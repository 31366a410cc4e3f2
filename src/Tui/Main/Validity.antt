-- ===== src/Tui/Main/Validity.antt =====
-- The client does not panic, and its state stays valid.
use text.Mathlib.TextLemmas.{nil-append}
use family_com.Prelude.{
  ◌≡◌, refl, sym, String, Bool, true, false, List, [], ◌∷◌, Option, some, Result, ok, err, arith,
  byte_length, Bool-cases, Option-cases, not, ◌&&◌, inl, inr, if◌then◌else◌, is_blank, trim,
}
use family_com.Core.Types.{PeerId}
use family_com.Core.Ipc.{ClientRequest, ServerMessage, IpcJson}
use family_com.Tui.App.{TuiApp, Action, selected_peer_id, take_input}
use family_com.Tui.App.Validity.{IsValid, handle_action-IsValid}
use family_com.Tui.Event.{TerminalEvent, handle_event}
use family_com.Tui.IpcClient.{IpcClientError, disconnected, recv, send}
use family_com.Tui.Main.{
  Session, Turn, Ready, terminal, daemon, send_to_peer, handle_send_message,
  fetch_selected_peer_messages, handle_other, perform, handle_terminal, handle_received,
  handle_ready, after_action, after_message, same_peer, is_peer_list, goes_on, run_loop,
}

-- The panics of a step are none, and what it gives is valid.
abbrev pub Returns : Option Session → Type 0
Returns r = (s' : Session) × (r ≡ some s') × IsValid s'.app

pub status-IsValid :
    (app : TuiApp) (text : String) → IsValid app → IsValid (record app { status = text })
status-IsValid app text w = record {
  selection = w.selection;
  scroll = w.scroll;
  before = w.before;
  after = w.after;
  text = w.text;
  cursor = w.cursor;
}

module _ (requests : IpcJson ClientRequest) (responses : IpcJson ServerMessage) where
  cleared-IsValid : (app : TuiApp) → IsValid app → IsValid (take_input app).1
  unfolding take_input byte_length
  cleared-IsValid app w = record {
    selection = w.selection;
    scroll = w.scroll;
    before = "";
    after = "";
    text = sym (nil-append "");
    cursor = refl;
  }

  send_to_peer-IsValid :
      (turn : Turn) (k : PeerId) (content : String) (s : Session)
      → IsValid s.app
      → IsValid (send_to_peer requests responses turn k content s).app
  unfolding send_to_peer send
  send_to_peer-IsValid turn k content s w = let v = cleared-IsValid s.app w in ground arith

  handle_send_message-IsValid :
      (turn : Turn) (s : Session)
      → IsValid s.app
      → IsValid (handle_send_message requests responses turn s).app
  unfolding handle_send_message
  handle_send_message-IsValid turn s w = elim (Bool-cases (is_blank (trim s.app.input))) [
    | inl blank ↦ rw blank w
    | inr full ↦ elim (Option-cases (selected_peer_id s.app)) [
      | inl e ↦ rw (full, e, handle_send_message) (status-IsValid s.app _ w)
      | inr (k, e) ↦
          rw (full, e, handle_send_message) (send_to_peer-IsValid turn k (trim s.app.input) s w)
    ]
  ]

  fetch-IsValid :
      (fault : Option String) (s : Session)
      → IsValid s.app
      → IsValid (fetch_selected_peer_messages requests responses fault s).app
  unfolding fetch_selected_peer_messages
  fetch-IsValid fault s w = elim (Option-cases (selected_peer_id s.app)) [
    | inl e ↦ rw (e, fetch_selected_peer_messages) w
    | inr (k, e) ↦ rw (e, fetch_selected_peer_messages) w
  ]

  either-IsValid :
      (b : Bool) (x y : Session) → IsValid x.app → IsValid y.app → IsValid (if b then x else y).app
  either-IsValid true x y v w = v
  either-IsValid false x y v w = w

  handle_other-Returns :
      (turn : Turn) (action : Action) (s : Session)
      → IsValid s.app
      → Returns (handle_other requests responses turn action s)
  unfolding handle_other after_action
  handle_other-Returns turn action s w =
      let (app, e, v) = handle_action-IsValid s.app action w in
      (
        after_action requests responses turn s app,
        rw (e, handle_other) refl,
        either-IsValid (same_peer (selected_peer_id app) (selected_peer_id s.app))
            (record s { app = app })
            (fetch_selected_peer_messages requests responses turn.fault (record s { app = app })) v
            (fetch-IsValid turn.fault (record s { app = app }) v),
      )

  perform-Returns :
      (turn : Turn) (action : Action) (s : Session)
      → IsValid s.app
      → Returns (perform requests responses turn action s)
  unfolding perform
  perform-Returns turn Action.send_message s w = (_, refl, handle_send_message-IsValid turn s w)
  perform-Returns turn action s w = handle_other-Returns turn action s w

  handle_terminal-Returns :
      (turn : Turn) (e : TerminalEvent) (s : Session)
      → IsValid s.app
      → Returns (handle_terminal requests responses turn e s)
  unfolding handle_terminal
  handle_terminal-Returns turn e s w = elim (Option-cases (handle_event e turn.rects s.app)) [
    | inl q ↦ (s, rw (q, handle_terminal) refl, w)
    | inr (action, q) ↦ rw (q, handle_terminal) (perform-Returns turn action s w)
  ]

  handle_received-Returns :
      (turn : Turn) (r : Result ServerMessage IpcClientError) (s : Session)
      → IsValid s.app
      → Returns (handle_received requests responses turn r s)
  unfolding handle_received after_message
  handle_received-Returns turn (ok msg) s w =
      let (app, e, v) = handle_action-IsValid s.app (Action.server_message msg) w in
      (
        after_message requests responses turn msg s app,
        rw (e, handle_received) refl,
        either-IsValid (is_peer_list msg)
            (fetch_selected_peer_messages requests responses turn.fault (record s { app = app }))
            (record s { app = app }) (fetch-IsValid turn.fault (record s { app = app }) v) v,
      )
  handle_received-Returns turn (err disconnected) s w = (_, refl, status-IsValid s.app _ w)
  handle_received-Returns turn (err e) s w = (_, refl, status-IsValid s.app _ w)

  pub handle_ready-Returns :
      (turn : Turn) (r : Ready) (s : Session)
      → IsValid s.app
      → Returns (handle_ready requests responses turn r s)
  unfolding handle_ready
  handle_ready-Returns turn (terminal e) s w = handle_terminal-Returns turn e s w
  handle_ready-Returns turn (daemon read) s w =
      handle_received-Returns turn (recv responses read) s w
  handle_ready-Returns turn _ s w = (s, refl, w)

  -- From a valid state the loop of the terminal client does not panic, whatever keys, clicks and
  -- messages of the daemon come in whatever order and whatever write fails, and it leaves a valid
  -- state: the selection is one of the peers and the cursor stands between two characters.
  pub run_loop-IsValid :
      (turns : List Turn) (s : Session)
      → IsValid s.app
      → Returns (run_loop requests responses turns s)
  unfolding run_loop
  run_loop-IsValid [] s w = (s, refl, w)
  run_loop-IsValid (turn ∷ turns) s w =
      let (s', e, v) = handle_ready-Returns turn turn.ready s w in
      elim (Bool-cases (goes_on turn.ready && not s'.app.should_quit)) [
        | inl more ↦ rw (e, run_loop) (rw (more, run_loop) (run_loop-IsValid turns s' v))
        | inr done ↦ (s', rw (e, run_loop) (rw (done, run_loop) refl), v)
      ]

### EXERCISE INSTRUCTIONS
Search the entries for the word "Core" and gather every line where it appears.

### EXERCISE ANSWER
use family_com.Core.Types.{PeerId}
use family_com.Core.Ipc.{ClientRequest, ServerMessage, IpcJson}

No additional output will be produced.